At work we have also had the same problem and solved parts of it thusfar. In our case, the JFrame is the size of the screen (not resizable). This means we only need to set the size of Fonts (and other resolution dependent aspects of the JComponents) once.
But if you can resize your JFrame, you can update the JComponents by traversing its hierarchy of JComponents, as soon as the size of the JFrame is changed (using, for instance, its method addComponentListener(ComponentListener)).

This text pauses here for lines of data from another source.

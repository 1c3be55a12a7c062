-- ===== src/Sbcp/Message.antt =====
-- Messages: the structs and enums of Assignment_2/config.h, get_msg_type (common_lib.c), the
-- make_msg functions and parsers of server_lib.c and client_lib.c.
mod Defs
pub mod Layout
pub mod Exchange
unfoldable pub use Defs.*
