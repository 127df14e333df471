-- ===== src/Pay/Recorded.antt =====
-- What the end of a payment in sovereign/src/pay.ts leaves in the ledger.
use cashloom.Prelude.{
  ◌≡◌, refl, sym, ap, subst, false, ◌⊎◌, inl, inr, Option, none, some, List, [], ◌∷◌, ◌++◌, lit,
  Memᴰ, Memᴰ-append_self, Text, text_eq, any,
}
use cashloom.Payments.{Payment}
use cashloom.Ledger.{Transaction, Source, insert_or_ignore}
use cashloom.Ledger.Laws.{insert-cases}
use cashloom.Pay.Claim.{Claimed}
use cashloom.Pay.Settle.{ledger_row}

-- A ledger row that says what went out: the rail's exact total, or else the payment's amount.
pub record IsSpend (amount_minor : Text) (total_out : Option Text) (new_id now : Text)
    (row : Transaction) : Type 0 where
  pub id : row.id ≡ new_id
  pub date : row.date ≡ now
  pub source : row.source ≡ Source.payment
  pub exact : (total : Text) → total_out ≡ some total → row.amount_minor ≡ lit "-" ++ total
  pub plain : total_out ≡ none → row.amount_minor ≡ lit "-" ++ amount_minor

ledger_row-IsSpend :
    (p : Payment) (account_id external_id : Text) (total_out : Option Text) (new_id now : Text)
    → IsSpend p.amount_minor total_out new_id now
        (ledger_row p account_id external_id total_out new_id now)
unfolding ledger_row
ledger_row-IsSpend p account_id external_id none new_id now = record {
  id = refl;
  date = refl;
  source = refl;
  exact = λ total e. cc;
  plain = λ e. refl;
}
ledger_row-IsSpend p account_id external_id (some s) new_id now = record {
  id = refl;
  date = refl;
  source = refl;
  exact = λ total e. let same : s ≡ total = cc in ap (λ t. lit "-" ++ t) same;
  plain = λ e. cc;
}

-- What a payment's end has left in the ledger: a row of its account with the transaction's id, which
-- was there before, or is new and tells what went out.
pub record IsRecorded (c : Claimed) (external_id : Text) (total_out : Option Text)
    (new_id now : Text) (before after : List Transaction) : Type 0 where
  pub row : Transaction
  pub there : Memᴰ row after
  pub account : row.account_id ≡ c.account.id
  pub external : row.external_id ≡ some external_id
  pub known_or_new :
      ((after ≡ before) × Memᴰ row before)
      ⊎ ((after ≡ before ++ row ∷ []) × IsSpend c.row.amount_minor total_out new_id now row)

pub ledger_row-IsRecorded :
    (c : Claimed) (external_id : Text) (total_out : Option Text) (new_id now : Text)
    (rows : List Transaction)
    → any (λ t. text_eq new_id t.id) rows ≡ false
    → IsRecorded c external_id total_out new_id now rows
        (insert_or_ignore (ledger_row c.row c.account.id external_id total_out new_id now) rows)
unfolding ledger_row
ledger_row-IsRecorded c external_id total_out new_id now rows fresh =
    let t = ledger_row c.row c.account.id external_id total_out new_id now in
    elim (insert-cases t external_id rows refl fresh) [
      | inl added ↦ record {
        row = t;
        there = subst (Memᴰ t) (sym added) (Memᴰ-append_self rows t);
        account = refl;
        external = refl;
        known_or_new =
            inr (added, ledger_row-IsSpend c.row c.account.id external_id total_out new_id now);
      }
      | inr (same, u, old, account, external) ↦ record {
        row = u;
        there = subst (Memᴰ u) (sym same) old;
        account = account;
        external = external;
        known_or_new = inl (same, old);
      }
    ]
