-- ===== src/Pay/World.antt =====
-- Any number of calls of sovereign/src/pay.ts in flight at once. Each atomic step of a call is an
-- event; between two of its steps any others may come, and other modules may change the accounts
-- and append bindings.
use cashloom.Prelude.{ℕ, zero, suc, Option, none, some, List, [], ◌∷◌, Text, Result, ok, err}
use cashloom.Pay.{Account, Binding, PayDb, PayError, PaymentQuote, PaymentSender, Engine}
use cashloom.Pay.Quote.{QuotePaymentOptions, QuoteRuntime, quoted_payment, persist_quote}
use cashloom.Pay.Claim.{ConfirmRuntime, Claimed, ClaimResult, claim}
use cashloom.Pay.Settle.{SendOutcome, Recording, on_signed, settle}

-- `pending` holds the claims whose send has not ended, `sends` the payments whose sender was called.
pub record World : Type 0 where
  pub db : PayDb
  pub pending : List Claimed
  pub sends : List Text

-- A quote is stored with whatever account, sender and quote were read before its transaction; a
-- signing hook and the end of a send belong to the claim at a place of `pending`.
pub data Event : Type 0 where
  store :
      QuotePaymentOptions
      → QuoteRuntime
      → Account
      → PaymentSender
      → PaymentQuote
      → (created_at : Text) → (expires_at : Text) → Event
  confirm : (payment_id : Text) → ConfirmRuntime → Event
  sign : (place : ℕ) → (external_id : Text) → (now : Text) → Event
  end : (place : ℕ) → SendOutcome → Recording → (new_id : Text) → (now : Text) → Event
  elsewhere : List Account → List Binding → Event

-- The element at a place, and the others.
unfoldable pub take_out {ℓ} : {A : Type ℓ} → ℕ → List A → Option (A × List A)
take_out n [] = none
take_out zero (x ∷ xs) = some (x, xs)
take_out (suc n) (x ∷ xs) = elim (take_out n xs) [ none ↦ none | some (y, ys) ↦ some (y, x ∷ ys) ]

abbrev pub keep : World → Result PayError PayDb → World
keep w (ok db) = record w { db = db }
keep w (err e) = w

-- The sender is called at once with what a won claim returns.
abbrev pub dispatch : World → Result PayError (ClaimResult × PayDb) → World
dispatch w (err e) = w
dispatch w (ok (ClaimResult.unavailable s, db)) = record w { db = db }
dispatch w (ok (ClaimResult.expired, db)) = record w { db = db }
dispatch w (ok (ClaimResult.claimed c, db)) = record {
  db = db;
  pending = c ∷ w.pending;
  sends = c.row.id ∷ w.sends;
}

abbrev pub sign_at : World → Option (Claimed × List Claimed) → Text → Text → World
sign_at w none external_id now = w
sign_at w (some (c, rest)) external_id now = record w {
  db = on_signed c.row.id external_id now w.db;
}

abbrev pub end_at :
    World → Option (Claimed × List Claimed) → SendOutcome → Recording → Text → Text → World
end_at w none outcome recording new_id now = w
end_at w (some (c, rest)) outcome recording new_id now = record w {
  db = (settle c outcome recording new_id now w.db).1;
  pending = rest;
}

module _ (engine : Engine) where
  unfoldable pub step : Event → World → World
  step (Event.store opts runtime account sender quote created_at expires_at) w = keep w (
      persist_quote runtime.bind
        (record {
          payment = quoted_payment engine opts runtime account sender quote created_at;
          vault_key_id = account.vault_key_id;
          fee_asset = quote.fee_asset;
          summary = quote.summary;
          unsigned_payload = quote.unsigned_payload;
          unsigned_payload_hash = quote.unsigned_payload_hash;
          expires_at = expires_at;
        })
        w.db)
  step (Event.confirm payment_id runtime) w = dispatch w (claim engine payment_id runtime w.db)
  step (Event.sign place external_id now) w = sign_at w (take_out place w.pending) external_id now
  step (Event.end place outcome recording new_id now) w =
      end_at w (take_out place w.pending) outcome recording new_id now
  step (Event.elsewhere accounts bindings) w = record w {
    db = record w.db { accounts = accounts; bindings = bindings };
  }

  unfoldable pub run : List Event → World → World
  run [] w = w
  run (e ∷ es) w = run es (step e w)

Now to the solution itself. If you provide a reference resolution, in addition to your current resolution. Then all you really need to do, is scale up or down, based on which is the larger one.
We defined our reference resolution as width 800 and height 600. Your current resolution can easily be obtained by the following code (only showing how to get the width part):
GraphicsEnvironment.getLocalGraphicsEnvironment().getDefaultScreenDevice().getDisplayMode().getWidth();
The code we used to change widths is the following (the same concept applies to height):
public static synchronized int getWidthForCurrentResolution(int width) {
return (int)((currentResolutionWidth / referenceResolutionWidth) * width);
}
The following will be our code for changing the size of Fonts:
public static synchronized int getFontSizeForCurrentResolution(int fontSize) {
return (int)(Math.min(currentResolutionHeight / referenceResolutionHeight, currentResolutionWidth / referenceResolutionWidth) * fontSize);
}
One important thing to remember, is that the parameter arguments provided should be in your reference resolution. And, of course, this is by no means a perfect solution. But a good start.